Source:
https://scmp.com/news/asia/article/1265794/philippines-looks-resume-talks-muslim-rebels
Asia

Philippines looks to resume talks with Muslim rebels

Government hopes to kickstart negotiations for peace settlement

Philippine President Benigno Aquino (R) and Moro Islamic Liberation Front (MILF) chief Murad Ebrahim in southern island of Mindanao in February 2012. Photo: AFP

The Philippine government said on Friday it hoped to resume talks with Muslim rebels early next month to kickstart negotiations for a peace settlement that looked to have stalled in recent months.

The chief government negotiator, Miriam Ferrer, and her Moro Islamic Liberation Front (MILF) counterpart Mohaqer Iqbal agreed in a brief meeting in Norway early this week to resume formal talks in early July, a government statement said.

Senen Bacani, a member of the government panel, said the next meeting should help the government achieve its bid to reach agreement on the detailed terms of a peace settlement this year.

“I am very hopeful that we will finish this comprehensive agreement in a month or two,” the statement quoted Bacani as saying.

However MILF vice chairman Ghazali Jaafar did not share Bacani’s optimism, saying the rebel group’s leadership had yet to approve the government proposal for a fresh round of formal talks.

“Those (talks in July) is what we have been hearing very recently but we have not yet officially received such a proposal,” he told AFP.

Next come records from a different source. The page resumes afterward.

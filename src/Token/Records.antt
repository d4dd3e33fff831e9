-- ===== src/Token/Records.antt =====
-- The transaction records of `TokenService`: lists, details, creation and the `map…` methods.
use web3_point_exchange.Common.{ℕ, ℤ, Option, map}
use web3_point_exchange.Entities.{PointToTokenTransaction, TokenToPointTransaction, TokenStatus}
use web3_point_exchange.Platform.{Platform}
use web3_point_exchange.Point.{ListRes}
use web3_point_exchange.Repositories.PointToTokenTransactions
use web3_point_exchange.Repositories.TokenToPointTransactions
use web3_point_exchange.World.{
  Action, Conn, ◌>>=◌, pure, or_throw, point_to_token_transaction_not_found,
  token_to_point_transaction_not_found,
}

-- `transaction_hash ?? ''`: the empty text is `none`.
pub record PointToTokenRes : Type 0 where
  pub point_to_token_transaction_id : ℕ
  pub transaction_hash : Option ℕ
  pub status : TokenStatus
  pub amount : ℤ
  pub created_at : ℕ
  pub updated_at : ℕ

pub record TokenToPointRes : Type 0 where
  pub token_to_point_transaction_id : ℕ
  pub transaction_hash : Option ℕ
  pub status : TokenStatus
  pub amount : ℤ
  pub created_at : ℕ
  pub updated_at : ℕ

unfoldable pub map_point_to_token_tx : PointToTokenTransaction → PointToTokenRes
map_point_to_token_tx e = record {
  point_to_token_transaction_id = e.point_to_token_transaction_id;
  transaction_hash = e.transaction_hash;
  status = e.status;
  amount = e.amount;
  created_at = e.created_at;
  updated_at = e.updated_at;
}

unfoldable pub map_token_to_point_tx : TokenToPointTransaction → TokenToPointRes
map_token_to_point_tx e = record {
  token_to_point_transaction_id = e.token_to_point_transaction_id;
  transaction_hash = e.transaction_hash;
  status = e.status;
  amount = e.amount;
  created_at = e.created_at;
  updated_at = e.updated_at;
}

module _ ⦃p : Platform⦄ where
  unfoldable pub get_point_to_token_transactions :
      PointToTokenTransactions.Query → Action (ListRes PointToTokenRes)
  get_point_to_token_transactions q = do
    page ← PointToTokenTransactions.get_with_pagination q
    pure (record { count = page.1; items = map map_point_to_token_tx page.0 })

  unfoldable pub get_point_to_token_transaction : ℕ → Action PointToTokenRes
  get_point_to_token_transaction i = do
    found ← PointToTokenTransactions.find_by_id i
    entity ← or_throw point_to_token_transaction_not_found found
    pure (map_point_to_token_tx entity)

  unfoldable pub create_point_to_token_transactions :
      ℕ → TokenStatus → ℤ → Conn → Action PointToTokenRes
  unfolding map_point_to_token_tx
  create_point_to_token_transactions hash status amount c = do
    entity ← PointToTokenTransactions.create hash status amount c
    pure (map_point_to_token_tx entity)

  unfoldable pub get_token_to_point_transactions :
      TokenToPointTransactions.Query → Action (ListRes TokenToPointRes)
  get_token_to_point_transactions q = do
    page ← TokenToPointTransactions.get_with_pagination q
    pure (record { count = page.1; items = map map_token_to_point_tx page.0 })

  unfoldable pub get_token_to_point_transaction : ℕ → Action TokenToPointRes
  get_token_to_point_transaction i = do
    found ← TokenToPointTransactions.find_by_id i
    entity ← or_throw token_to_point_transaction_not_found found
    pure (map_token_to_point_tx entity)

  unfoldable pub create_token_to_point_transactions :
      ℕ → TokenStatus → ℤ → Conn → Action TokenToPointRes
  unfolding map_token_to_point_tx
  create_token_to_point_transactions hash status amount c = do
    entity ← TokenToPointTransactions.create hash status amount c
    pure (map_token_to_point_tx entity)
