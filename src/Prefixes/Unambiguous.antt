-- ===== src/Prefixes/Unambiguous.antt =====
-- No message can be read as beginning with two of the prefixes.
use wpa_supplicant_ex.Shared.{
  ◌≡◌, refl, sym, ◌∙◌, Bool, true, false, ◌&&◌, not, List, [], ◌∷◌, arith,
}
use mathlib.Core.List.{Memᴰ}
use mathlib.Core.List.Memᴰ.{head, tail}
use Prim.Native.String.{String, ◌++◌}
use wpa_supplicant_ex.Prefixes.{Macro, message_prefixes}
use wpa_supplicant_ex.Prefixes.Texts.{agree, agree-begin}

apart : Macro → List Macro → Bool
apart m [] = true
apart m (n ∷ ms) = not (agree m.text n.text) && apart m ms

all_apart : List Macro → Bool
unfolding apart
all_apart [] = true
all_apart (m ∷ ms) = apart m ms && all_apart ms

apart-Mem :
    (m n : Macro) (ms : List Macro) → apart m ms ≡ true → Memᴰ n ms → agree m.text n.text ≡ false
unfolding apart
apart-Mem m n [] h k = elim k [ ]
apart-Mem m n (x ∷ ms) h (head e) = rw (e) (ground arith)
apart-Mem m n (x ∷ ms) h (tail k) = apart-Mem m n ms (ground arith) k

true_not_false : {b : Bool} → b ≡ true → b ≡ false → ⊥
true_not_false h k = ground arith

message_prefixes-all_apart : all_apart message_prefixes ≡ true
unfolding all_apart agree
message_prefixes-all_apart = refl

same_macro :
    (m n : Macro) (ms : List Macro)
    → all_apart ms ≡ true
    → Memᴰ m ms
    → Memᴰ n ms
    → agree m.text n.text ≡ true
    → agree n.text m.text ≡ true
    → m ≡ n
unfolding all_apart
same_macro m n [] h j k a b = elim j [ ]
same_macro m n (x ∷ ms) h (head e) (head f) a b = e ∙ sym f
same_macro m n (x ∷ ms) h (head e) (tail k) a b =
    absurd (true_not_false (rw e at a) (apart-Mem x n ms (ground arith) k))
same_macro m n (x ∷ ms) h (tail j) (head f) a b =
    absurd (true_not_false (rw f at b) (apart-Mem x m ms (ground arith) j))
same_macro m n (x ∷ ms) h (tail j) (tail k) a b = same_macro m n ms (ground arith) j k a b

-- Two messages that begin with prefixes of the table are the same text only when the prefixes are the
-- same entry of it; so the prefix of a message is read off in one way at most.
pub message_prefix_unique :
    (m n : Macro) (a b : String)
    → Memᴰ m message_prefixes
    → Memᴰ n message_prefixes
    → m.text ++ a ≡ n.text ++ b
    → m ≡ n
message_prefix_unique m n a b j k e =
    same_macro m n message_prefixes message_prefixes-all_apart j k (agree-begin m.text n.text a b e)
      (agree-begin n.text m.text b a (sym e))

The talks, which began in 1997, aim to create an autonomous region for the Muslim minority in Mindanao, the southern third of the mainly Catholic nation of 100 million.

The two sides signed a preliminary agreement in October outlining the broad terms for a peace treaty that would be signed by 2016, before President Benigno Aquino leaves office.

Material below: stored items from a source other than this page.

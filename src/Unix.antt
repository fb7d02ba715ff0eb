-- ===== src/Unix.antt =====
-- The clock, the calendar, random bytes and files of src/wpa_ctrl/os_unix.c. The C library's answers
-- are arguments.
pub mod Clock
pub mod Dates
pub mod Files
use wpa_supplicant_ex.Shared.{
  ℕ, zero, suc, ◌+◌, ◌*◌, ◌/◌, ◌||◌, Bool, true, false, List, [], ◌∷◌, ◌++◌, Option, none, some,
  ◌==◌, if◌then◌else◌, length,
}
use wpa_supplicant_ex.Shared.Int.{ℤ, pos, negsuc, ◌+ℤ◌, ◌-ℤ◌, ltb_ℤ}
use wpa_supplicant_ex.Time.{Timestamp}

-- The calls of `os_sleep`.
pub data Nap : Type 0 where
  sleep usleep : ℕ → Nap

pub os_sleep : ℕ → ℕ → List Nap
os_sleep sec usec =
    (if sec == 0 then [] else (sleep sec ∷ [])) ++ (if usec == 0 then [] else (usleep usec ∷ []))

pub data ClockId : Type 0 where
  boottime monotonic realtime : ClockId

-- `struct timespec`
pub record Timespec : Type 0 where
  pub tv_sec : ℕ
  pub tv_nsec : ℕ

-- The loop's body behind `clock_gettime`, with `again` as its next round. The result is the time
-- (`none` for -1) with the static `clock_id` afterwards.
pub after_gettime :
    (ClockId → Option Timestamp × ClockId) → ClockId → Option Timespec → Option Timestamp × ClockId
after_gettime again clock_id (some ts) =
    (some (record { sec = pos ts.tv_sec; usec = pos (ts.tv_nsec / 1000) }), clock_id)
after_gettime again boottime none = again monotonic
after_gettime again monotonic none = again realtime
after_gettime again realtime none = (none, realtime)

pub reltime_loop : ℕ → (ClockId → Option Timespec) → ClockId → Option Timestamp × ClockId
unfolding after_gettime
reltime_loop zero clock_gettime clock_id = (none, clock_id)
reltime_loop (suc fuel) clock_gettime clock_id =
    after_gettime (λ next_id. reltime_loop fuel clock_gettime next_id) clock_id
      (clock_gettime clock_id)

-- There are three clocks.
unfoldable pub os_get_reltime : (ClockId → Option Timespec) → ClockId → Option Timestamp × ClockId
unfolding reltime_loop
os_get_reltime clock_gettime clock_id = reltime_loop 3 clock_gettime clock_id

-- `struct tm`, less the fields that the code leaves to the library.
pub record Tm : Type 0 where
  pub tm_sec : ℤ
  pub tm_min : ℤ
  pub tm_hour : ℤ
  pub tm_mday : ℤ
  pub tm_mon : ℤ
  pub tm_year : ℤ

-- `struct os_tm`
pub record OsTm : Type 0 where
  pub sec : ℤ
  pub min : ℤ
  pub hour : ℤ
  pub day : ℤ
  pub month : ℤ
  pub year : ℤ

-- The guard of `os_mktime`.
unfoldable pub is_out_of_range : OsTm → Bool
is_out_of_range d =
    ltb_ℤ d.year (pos 1970)
    || ltb_ℤ d.month (pos 1)
    || ltb_ℤ (pos 12) d.month
    || ltb_ℤ d.day (pos 1)
    || ltb_ℤ (pos 31) d.day
    || ltb_ℤ d.hour (pos 0)
    || ltb_ℤ (pos 23) d.hour
    || ltb_ℤ d.min (pos 0)
    || ltb_ℤ (pos 59) d.min
    || ltb_ℤ d.sec (pos 0)
    || ltb_ℤ (pos 60) d.sec

unfoldable pub to_tm : OsTm → Tm
to_tm d = record {
  tm_sec = d.sec;
  tm_min = d.min;
  tm_hour = d.hour;
  tm_mday = d.day;
  tm_mon = d.month -ℤ pos 1;
  tm_year = d.year -ℤ pos 1900;
}

-- What the C library knows of calendars; `none` is NULL.
pub record Calendar : Type 0 where
  pub mktime : Tm → ℤ
  pub localtime : ℤ → Option Tm
  pub gmtime : ℤ → Option Tm

unfoldable pub tz_offset : Calendar → ℤ → ℤ
tz_offset c t_local = elim (c.localtime t_local) [
  | none ↦ pos 0
  | some tm1 ↦ elim (c.gmtime t_local) [ none ↦ pos 0 | some tm2 ↦ c.mktime tm2 -ℤ c.mktime tm1 ]
]

-- `none` is the result -1.
unfoldable pub os_mktime : Calendar → OsTm → Option ℤ
unfolding is_out_of_range to_tm tz_offset
os_mktime c d =
    if is_out_of_range d
    then none
    else (let t_local = c.mktime (to_tm d) in some (t_local -ℤ tz_offset c t_local))

unfoldable pub os_gmtime : Calendar → ℤ → Option OsTm
os_gmtime c t = elim (c.gmtime t) [
  | none ↦ none
  | some tm2 ↦ some (record {
    sec = tm2.tm_sec;
    min = tm2.tm_min;
    hour = tm2.tm_hour;
    day = tm2.tm_mday;
    month = tm2.tm_mon +ℤ pos 1;
    year = tm2.tm_year +ℤ pos 1900;
  })
]

-- What is done to a file and to memory.
pub data FileEffect : Type 0 where
  fopen fclose os_malloc os_free : FileEffect

-- The answers to the calls on a file, in the order of the code; `fread` gives the bytes it read.
pub record FileSystem : Type 0 where
  pub opens : Bool
  pub seeks_end : Bool
  pub ftell : Option ℕ
  pub seeks_start : Bool
  pub mallocs : Bool
  pub fread : ℕ → List ℕ

-- The bytes that are in `buf` where the result is 0.
unfoldable pub os_get_random : FileSystem → ℕ → Option (List ℕ) × List FileEffect
os_get_random fs len =
    if fs.opens
    then (let rc = length (fs.fread len) in
        (if rc == len then some (fs.fread len) else none, fopen ∷ fclose ∷ []))
    else (none, [])

-- The result, with `*len` as its length, and the log.
unfoldable pub os_readfile : FileSystem → Option (List ℕ) × List FileEffect
os_readfile fs =
    if fs.opens
    then (if fs.seeks_end
        then elim fs.ftell [
          | none ↦ (none, fopen ∷ fclose ∷ [])
          | some len ↦
              if fs.seeks_start
              then (if fs.mallocs
                  then (if length (fs.fread len) == len
                      then (some (fs.fread len), fopen ∷ os_malloc ∷ fclose ∷ [])
                      else (none, fopen ∷ os_malloc ∷ fclose ∷ os_free ∷ []))
                  else (none, fopen ∷ fclose ∷ []))
              else (none, fopen ∷ fclose ∷ [])
        ]
        else (none, fopen ∷ fclose ∷ []))
    else (none, [])
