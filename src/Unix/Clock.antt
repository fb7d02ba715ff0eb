-- ===== src/Unix/Clock.antt =====
-- `os_get_reltime` and its fallback from clock to clock.
use wpa_supplicant_ex.Shared.{
  ℕ, suc, ◌+◌, ◌/◌, ◌≤◌, ◌<◌, ◌≡◌, ◌⊎◌, inl, inr, refl, sym, ap, ◌∙◌, subst, Option, none, some,
  arith,
}
use native.Mathlib.Decide.{dec_lt}
use wpa_supplicant_ex.Shared.Int.{pos}
use wpa_supplicant_ex.Time.{Timestamp}
use wpa_supplicant_ex.Unix.{
  ClockId, boottime, monotonic, realtime, Timespec, after_gettime, reltime_loop, os_get_reltime,
}

-- How far down the list of clocks one is.
abbrev pub rank : ClockId → ℕ
rank boottime = 0
rank monotonic = 1
rank realtime = 2

rank-injective : (c d : ClockId) → rank c ≡ rank d → c ≡ d
rank-injective boottime boottime h = refl
rank-injective boottime monotonic h = absurd (omega arith)
rank-injective boottime realtime h = absurd (omega arith)
rank-injective monotonic boottime h = absurd (omega arith)
rank-injective monotonic monotonic h = refl
rank-injective monotonic realtime h = absurd (omega arith)
rank-injective realtime boottime h = absurd (omega arith)
rank-injective realtime monotonic h = absurd (omega arith)
rank-injective realtime realtime h = refl

module _ (clock_gettime : ClockId → Option Timespec) where
  -- The time of the first clock that works from `c` on, with no clock that works before it.
  abbrev pub IsFirst : ClockId → Option Timestamp × ClockId → Type 0
  IsFirst c o =
      (d : ClockId) × (ts : Timespec) × (clock_gettime d ≡ some ts)
      × (o ≡ (some (record { sec = pos ts.tv_sec; usec = pos (ts.tv_nsec / 1000) }), d))
      × (rank c ≤ rank d)
      × ((e : ClockId) → rank c ≤ rank e → rank e < rank d → clock_gettime e ≡ none)

  -- No clock works from `c` on.
  abbrev pub AllFail : ClockId → Option Timestamp × ClockId → Type 0
  AllFail c o = (o ≡ (none, realtime)) × ((e : ClockId) → rank c ≤ rank e → clock_gettime e ≡ none)

  answer :
      (c : ClockId) → (clock_gettime c ≡ none) ⊎ ((ts : Timespec) × (clock_gettime c ≡ some ts))
  answer c = of (clock_gettime c)
    where
      of : (a : Option Timespec) → (a ≡ none) ⊎ ((ts : Timespec) × (a ≡ some ts))
      of none = inl refl
      of (some ts) = inr (ts, refl)

  -- A clock ahead of the others that fails changes nothing.
  failing_ahead :
      (c d : ClockId) (o : Option Timestamp × ClockId)
      → clock_gettime c ≡ none
      → rank d ≡ rank c + 1
      → IsFirst d o ⊎ AllFail d o
      → IsFirst c o ⊎ AllFail c o
  failing_ahead c d o fails behind (inl (e, ts, works, same, after, before)) = inl (
    e,
    ts,
    works,
    same,
    omega arith,
    λ f h k. elim (dec_lt (rank c) (rank f)) [
      | yes past ↦ before f (omega arith) k
      | no here ↦ ap clock_gettime (rank-injective f c (omega arith)) ∙ fails
    ],
  )
  failing_ahead c d o fails behind (inr (same, none_works)) = inr (
    same,
    λ f h. elim (dec_lt (rank c) (rank f)) [
      | yes past ↦ none_works f (omega arith)
      | no here ↦ ap clock_gettime (rank-injective f c (omega arith)) ∙ fails
    ],
  )

  round :
      (fuel : ℕ) (c : ClockId) {a : Option Timespec}
      → clock_gettime c ≡ a
      → reltime_loop (suc fuel) clock_gettime c
        ≡ after_gettime (λ d. reltime_loop fuel clock_gettime d) c a
  unfolding reltime_loop
  round fuel c e = ap (after_gettime (λ d. reltime_loop fuel clock_gettime d) c) e

  reltime_loop-works :
      (fuel : ℕ) (c : ClockId) (ts : Timespec)
      → clock_gettime c ≡ some ts
      → IsFirst c (reltime_loop (suc fuel) clock_gettime c)
  reltime_loop-works fuel c ts works = (
    c,
    ts,
    works,
    round fuel c works ∙ (unfold after_gettime in refl),
    omega arith,
    λ e h k. absurd (omega arith),
  )

  from_realtime :
      (fuel : ℕ)
      → let o = reltime_loop (suc fuel) clock_gettime realtime in
        IsFirst realtime o ⊎ AllFail realtime o
  from_realtime fuel = elim (answer realtime) [
    | inr w ↦ inl (reltime_loop-works fuel realtime w.0 w.1)
    | inl fails ↦ inr (
      round fuel realtime fails ∙ (unfold after_gettime in refl),
      λ e h. ap clock_gettime (rank-injective e realtime (last e h)) ∙ fails,
    )
  ]
    where
      last : (e : ClockId) → 2 ≤ rank e → rank e ≡ 2
      last boottime h = absurd (omega arith)
      last monotonic h = absurd (omega arith)
      last realtime h = refl

  from_next :
      (fuel : ℕ) (c d : ClockId)
      → after_gettime (λ n. reltime_loop fuel clock_gettime n) c none
        ≡ reltime_loop fuel clock_gettime d
      → rank d ≡ rank c + 1
      → (let o = reltime_loop fuel clock_gettime d in IsFirst d o ⊎ AllFail d o)
      → let o = reltime_loop (suc fuel) clock_gettime c in IsFirst c o ⊎ AllFail c o
  from_next fuel c d next behind rest = elim (answer c) [
    | inr w ↦ inl (reltime_loop-works fuel c w.0 w.1)
    | inl fails ↦
        failing_ahead c d _ fails behind
          (subst (λ o. IsFirst d o ⊎ AllFail d o) (sym (round fuel c fails ∙ next)) rest)
  ]

  -- `os_get_reltime` takes the first clock that works from the static one on and stays with it: every
  -- clock ahead of that one fails, and the time is that clock's, in microseconds. Or it fails, and
  -- none of these clocks works.
  pub os_get_reltime_lem :
      (c : ClockId) → let o = os_get_reltime clock_gettime c in IsFirst c o ⊎ AllFail c o
  unfolding os_get_reltime after_gettime
  os_get_reltime_lem boottime =
      from_next 2 boottime monotonic refl refl
        (from_next 1 monotonic realtime refl refl (from_realtime 0))
  os_get_reltime_lem monotonic = from_next 2 monotonic realtime refl refl (from_realtime 1)
  os_get_reltime_lem realtime = from_realtime 2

However, both sides have since acknowledged difficulties in thrashing out the details of key issues like wealth- and power-sharing within the proposed autonomous region, as well as disarming and demobilising the MILF.

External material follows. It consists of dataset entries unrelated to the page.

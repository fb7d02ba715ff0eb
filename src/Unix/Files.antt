-- ===== src/Unix/Files.antt =====
-- What `os_readfile` leaves open or allocated.
use wpa_supplicant_ex.Shared.{
  ℕ, ◌+◌, ◌-◌, ◌≡◌, List, [], ◌∷◌, none, some, arith, length, ◌==◌, if◌then◌else◌, ◌⊎◌,
}
use wpa_supplicant_ex.Unix.{FileEffect, fopen, fclose, os_malloc, os_free, FileSystem, os_readfile}

-- Files that are open, buffers that are allocated, and releases of what was not held.
pub record Held : Type 0 where
  pub files : ℕ
  pub buffers : ℕ
  pub faults : ℕ

abbrev pub apply : Held → FileEffect → Held
apply h fopen = record h { files = h.files + 1 }
apply h fclose =
    if h.files == 0 then record h { faults = h.faults + 1 } else record h { files = h.files - 1 }
apply h os_malloc = record h { buffers = h.buffers + 1 }
apply h os_free =
    if h.buffers == 0
    then record h { faults = h.faults + 1 }
    else record h { buffers = h.buffers - 1 }

abbrev pub held_from : Held → List FileEffect → Held
held_from h [] = h
held_from h (e ∷ log) = held_from (apply h e) log

abbrev pub none_held : Held
none_held = record { files = 0; buffers = 0; faults = 0 }

-- `os_readfile` closes the file whenever it has opened it. Where it returns NULL it has freed its
-- buffer; where it returns one, that is all it holds, and the buffer has as many bytes as `ftell`
-- announced.
pub os_readfile_lem :
    (fs : FileSystem)
    → let log = held_from none_held (os_readfile fs).1 in
      (((os_readfile fs).0 ≡ none) × (log ≡ none_held))
      ⊎ ((buf : List ℕ) × ((os_readfile fs).0 ≡ some buf)
          × (fs.ftell ≡ some (length buf))
          × (log ≡ record none_held { buffers = 1 }))
unfolding os_readfile
os_readfile_lem fs = ground arith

The government statement said next month’s proposed talks would further discuss “wealth-sharing, power sharing and normalisation”.

The 12,000-member MILF has waged a guerrilla war for a separate Islamic state in the southern Philippines since the 1970s that has claimed an estimated 150,000 lives.

The group has agreed to a ceasefire to negotiate for autonomy instead. Aquino hopes to have the autonomous region in place before his term ends in 2016.

Malaysia has hosted previous rounds of the peace talks, and a source in the government panel said Kuala Lumpur would likely be the venue for the next round.